Collected data:

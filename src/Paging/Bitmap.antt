-- ===== src/Paging/Bitmap.antt =====
-- kernel/src/memory/frame_allocator.rs: the kernel's frame allocator, as the page tables use it
-- through the trait `FrameAllocator`.
use aion_so.Base.{
  ℕ, ◌*◌, ◌^◌, ◌<◌, ◌≤◌, ◌≡◌, sym, ap, ◌∙◌, Bool, false, ◌||◌, Option, none, some, ◌==◌, arith, ◌≢◌,
  inl, inr, length,
}
use mathlib.Core.Path.{subst}
use aion_so.Hal.Addr.{align_down}
use aion_so.Hal.Frame.{PhysFrame, number, containing_address}
use aion_so.Memory.FrameAllocator.{Allocator, allocate_for, allocate_frame, set_purpose, frame_at}
use aion_so.Memory.FrameAllocator.Purposes.{FramePurpose}
use aion_so.Memory.FrameAllocator.BitWords.{bit}
use aion_so.Memory.FrameAllocator.Invariant.{IsValid}
use aion_so.Memory.FrameAllocator.Allocate.{allocate_lem}
use aion_so.Memory.FrameAllocator.Labels.{SameBut, set_purpose-SameBut, SameBut-IsValid}
use aion_so.Memory.FrameAllocator.Deallocate.{allocate_for-some, allocate_for-none}
use aion_so.Paging.Bits.{IsFrame}
use aion_so.Paging.Descent.{Promises}
use aion_so.Paging.{FrameAllocator}

abbrev pub bitmap_source : FrameAllocator Allocator
bitmap_source = record { allocate_frame = allocate_frame }

-- A frame whose bit is clear.
abbrev pub FreeFrame : Allocator → ℕ → Type 0
FreeFrame a x = (g : ℕ) × (g < length a.bitmap * 64) × (x ≡ g * 4096) × (bit a.bitmap g ≡ false)

-- Valid, over at most 2^52 bytes of memory, which is what an entry can point at.
abbrev pub IsReady : Allocator → Type 0
IsReady a = IsValid a × (length a.bitmap * 262144 ≤ 2 ^ 52)

abbrev pub Given : Allocator → Option PhysFrame × Allocator → Type 0
Given f (none, f') = IsReady f' × ((x : ℕ) → FreeFrame f' x → FreeFrame f x)
Given f (some fr, f') =
    IsReady f'
    × (FreeFrame f fr.start.as_u64
        × (IsFrame fr.start.as_u64
            × ((x : ℕ) → FreeFrame f' x → FreeFrame f x × (x ≢ fr.start.as_u64))))

start-frame_at : (g : ℕ) → g * 4096 < 2 ^ 64 → (frame_at g).start.as_u64 ≡ g * 4096
unfolding frame_at containing_address align_down
start-frame_at g h = omega arith

taken_clear : (n g : ℕ) (b c : Bool) → c ≡ (n == g || b) → n ≡ g → c ≡ false → ⊥
taken_clear n g b c e h off = ground arith

-- A valid allocator over at most 2^52 bytes keeps what the page tables ask of their source of frames:
-- what `allocate_frame` leaves is again such an allocator; a frame that it gives had its bit clear,
-- is aligned and below 2^52, and is free no longer; and no frame becomes free by the call.
pub bitmap_gives : (f : Allocator) → IsReady f → Given f (allocate_frame f)
unfolding allocate_frame
bitmap_gives f (v, room) = elim (allocate_lem f v) [
  | inl (e, _, _) ↦ rw (allocate_for-none f FramePurpose.page_table e) ((v, room), λ x h. h)
  | inr (fr, b, e, took, valid) ↦
      let done : allocate_for f FramePurpose.page_table
          ≡ (some fr, set_purpose b fr (some FramePurpose.page_table)) =
        allocate_for-some f b fr FramePurpose.page_table e in
      let same : SameBut b (set_purpose b fr (some FramePurpose.page_table)) =
        set_purpose-SameBut b fr (some FramePurpose.page_table) in
      let bits : (g : ℕ)
          → bit (set_purpose b fr (some FramePurpose.page_table)).bitmap g
            ≡ (number fr == g || bit f.bitmap g) =
        λ g. ap (λ w. bit w g) same.bitmap ∙ took.only g in
      let size : length (set_purpose b fr (some FramePurpose.page_table)).bitmap ≡ length f.bitmap =
        ap length same.bitmap ∙ took.size in
      let start : fr.start.as_u64 ≡ number fr * 4096 =
        ap (λ (x : PhysFrame). x.start.as_u64) (sym took.named)
        ∙ start-frame_at (number fr) (omega (arith, took.inside, room)) in
      rw done (
        (SameBut-IsValid b _ same valid, omega (arith, size, room)),
        (
          (number fr, took.inside, start, took.was_free),
          (
            record {
              aligned = omega (arith, start);
              small = omega (arith, start, took.inside, room);
            },
            λ x (g, inside, named, clear). (
              (g, omega (arith, size, inside), named, ground (arith, bits g, clear)),
              λ e.
                  let h : number fr ≡ g = omega (arith, e, named, start) in
                  taken_clear _ _ _ _ (bits g) h clear,
            ),
          ),
        ),
      )
]

abbrev pub bitmap_promises : Promises bitmap_source FreeFrame
bitmap_promises = record {
  Good = IsReady;
  gives = λ f f' fr good e. subst (Given f) e (bitmap_gives f good);
  stops = λ f f' good e. subst (Given f) e (bitmap_gives f good);
}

WORK TO BE COMPLETED: Copy all lines above containing the string "record".

SOLUTION BELOW:
bitmap_source = record { allocate_frame = allocate_frame }
            record {
bitmap_promises = record {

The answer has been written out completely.